You don’t know Hannah Arendt

But pretending to has become the favorite activity of the left.

We must face the facts: A big fat grinning fucker is the president now. It wasn’t supposed to be this way. What are we to make of this? Mainstream American liberalism has spent the past three months in confusion, unsure of what comes next; worse, they are unsure of how to understand the millions of their countrymen who voted for Donald Trump. In the immediate aftermath of the election, liberals’ status changed by the hour. They were the working class in revolt, then bigots longing for the reich. They were hypnotized by reality television. They were unreachable. They could be organized. They must be recruited. They must be fought. Some sort of ruling was needed; the usual experts were coming up short.
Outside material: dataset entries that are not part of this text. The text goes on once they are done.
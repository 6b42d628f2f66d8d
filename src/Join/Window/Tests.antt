-- ===== src/Join/Window/Tests.antt =====
-- Window joins at concrete events.
use mathlib.Core.List.{Perm}
use gress.Common.{ℕ, string_key, ◌≡◌, refl, false, some, List, [], ◌∷◌, map, ℤ, pos, ◌+ℤ◌, ◌-ℤ◌}
use gress.Common.Dict.{get, put}
use gress.Stream.{Event, tumbling_window}
use gress.Window.Assign.{Assigner, tumbling, new_tumbling_window, assign_windows}
use gress.Window.Operator.{Format, window_key}
use gress.Join.Config.{left_outer_join, equality_condition}
use gress.Join.Window.{
  WindowJoinState, window_results, process_left, process_right, process_windows,
}
use gress.Join.Window.Complete.{Call, left_call, right_call, sides, test, run_call, run_calls}
use gress.Join.Window.Fired.{joined, fired-joined}

abbrev event : ℕ → Event ℕ
event p = record {
  key = "k";
  value = p;
  event_time = pos 12;
  headers = [];
  offset = pos p;
  partition = pos 0;
}

abbrev format : Format
format = record { int = λ n. "0"; time = λ t. "t" }

abbrev assigner : Assigner
assigner = tumbling (new_tumbling_window (pos 10))

abbrev calls : List Call
calls = left_call (pos 0) 1 ∷ right_call (pos 0) 2 ∷ left_call (pos 0) 3 ∷ []

abbrev end : ℤ
end = pos 20

abbrev state : WindowJoinState
state = record {
  window = record { start = pos 10; end = end; kind = tumbling_window };
  left_events = 1 ∷ 3 ∷ [];
  right_events = 2 ∷ [];
  matches =
      record { left = 1; right = 2; event_time = end; join_key = "k" }
      ∷ record { left = 3; right = 2; event_time = end; join_key = "k" }
      ∷ [];
  fired = false;
}

held :
    get (run_calls event left_outer_join equality_condition assigner format calls []) "k-0-0"
    ≡ some state
unfolding run_calls run_call process_left process_right process_windows get put assign_windows
    window_key ◌+ℤ◌ ◌-ℤ◌
held = refl

fired-joined_example : Perm (map sides (window_results event left_outer_join state)) (
    joined
      (test event left_outer_join equality_condition assigner format)
      left_outer_join
      (1 ∷ 3 ∷ [])
      (2 ∷ []))
fired-joined_example =
    fired-joined event left_outer_join equality_condition assigner format calls "k-0-0" state held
Suddenly, a voice came howling out of the past, highlighted in pull quotes and conveyed in memes. Her stern face is screwed up in contemplation of the profound. Who is she? What is she saying? The words are difficult to make out at first. They’re half-remembered, if remembered at all — Did I do the reading that week of college? A quick Google provides clarity. Of course: The woman is Hannah Arendt, and she has come back from the wilderness to deliver us a message: Fascists are bad news.

Americans are always discovering Arendt again. No writer, except perhaps James Baldwin, has had their ethos cannibalized so voraciously by a public that is also so disinterested in the labor of actually reading their work. In the 1960s, Cold Warriors like Norman Podhoretz marshaled her account of totalitarianism against the Soviet Union, disguising a worldview that found its whole complexity expressed in Reagan’s Evil Empire in the accouterment of high theory. She returned with 9/11, trotted out by neocons who were eager to explain Islamic terrorism as a mass psychosis wholly unrelated to any suspect American behavior in the Middle East. Now she is back again, finally turned against the United States — but not, as we might hope, in order to finally consider how her excellent and obscenely neglected writings on imperialism might illuminate our own geopolitical pathologies. Even the obvious connection has scarcely been made: Arendt wrote at length about the stateless and displaced — but then, we might be forced to move beyond mere condemnation and consider how so many became stateless and displaced to begin with.

Instead Arendt, who died in 1975, returns to us as a facile ghost: one of the 20th century’s most heterodox thinkers haunting our think pieces to argue that you can’t reason with Nazis. You wouldn’t think we needed a famous academic to shore up that conclusion, but here we are. The intelligentsia doesn’t just feel that Donald Trump’s supporters are irredeemable brownshirts — they’ve got Arendt’s dense prose to prove it.

No writer has had their ethos cannibalized so voraciously by a public that is also so disinterested in actually reading their work.

Arendt was brilliant, but she was also often wrong, most regrettably about the central political question she put her mind to: Why do ordinary people join fascist movements? She is cursed by history to be best remembered for the least valuable sections of The Origins of Totalitarianism, a book that by the end of last century was already reduced to half-hearted defenses on ambiguous grounds — a “metaphysical insight” in the words of Irving Howe — the value of which lay in some intuitive space beyond the reach of contradictory facts. As of this week, it has sold out on Amazon.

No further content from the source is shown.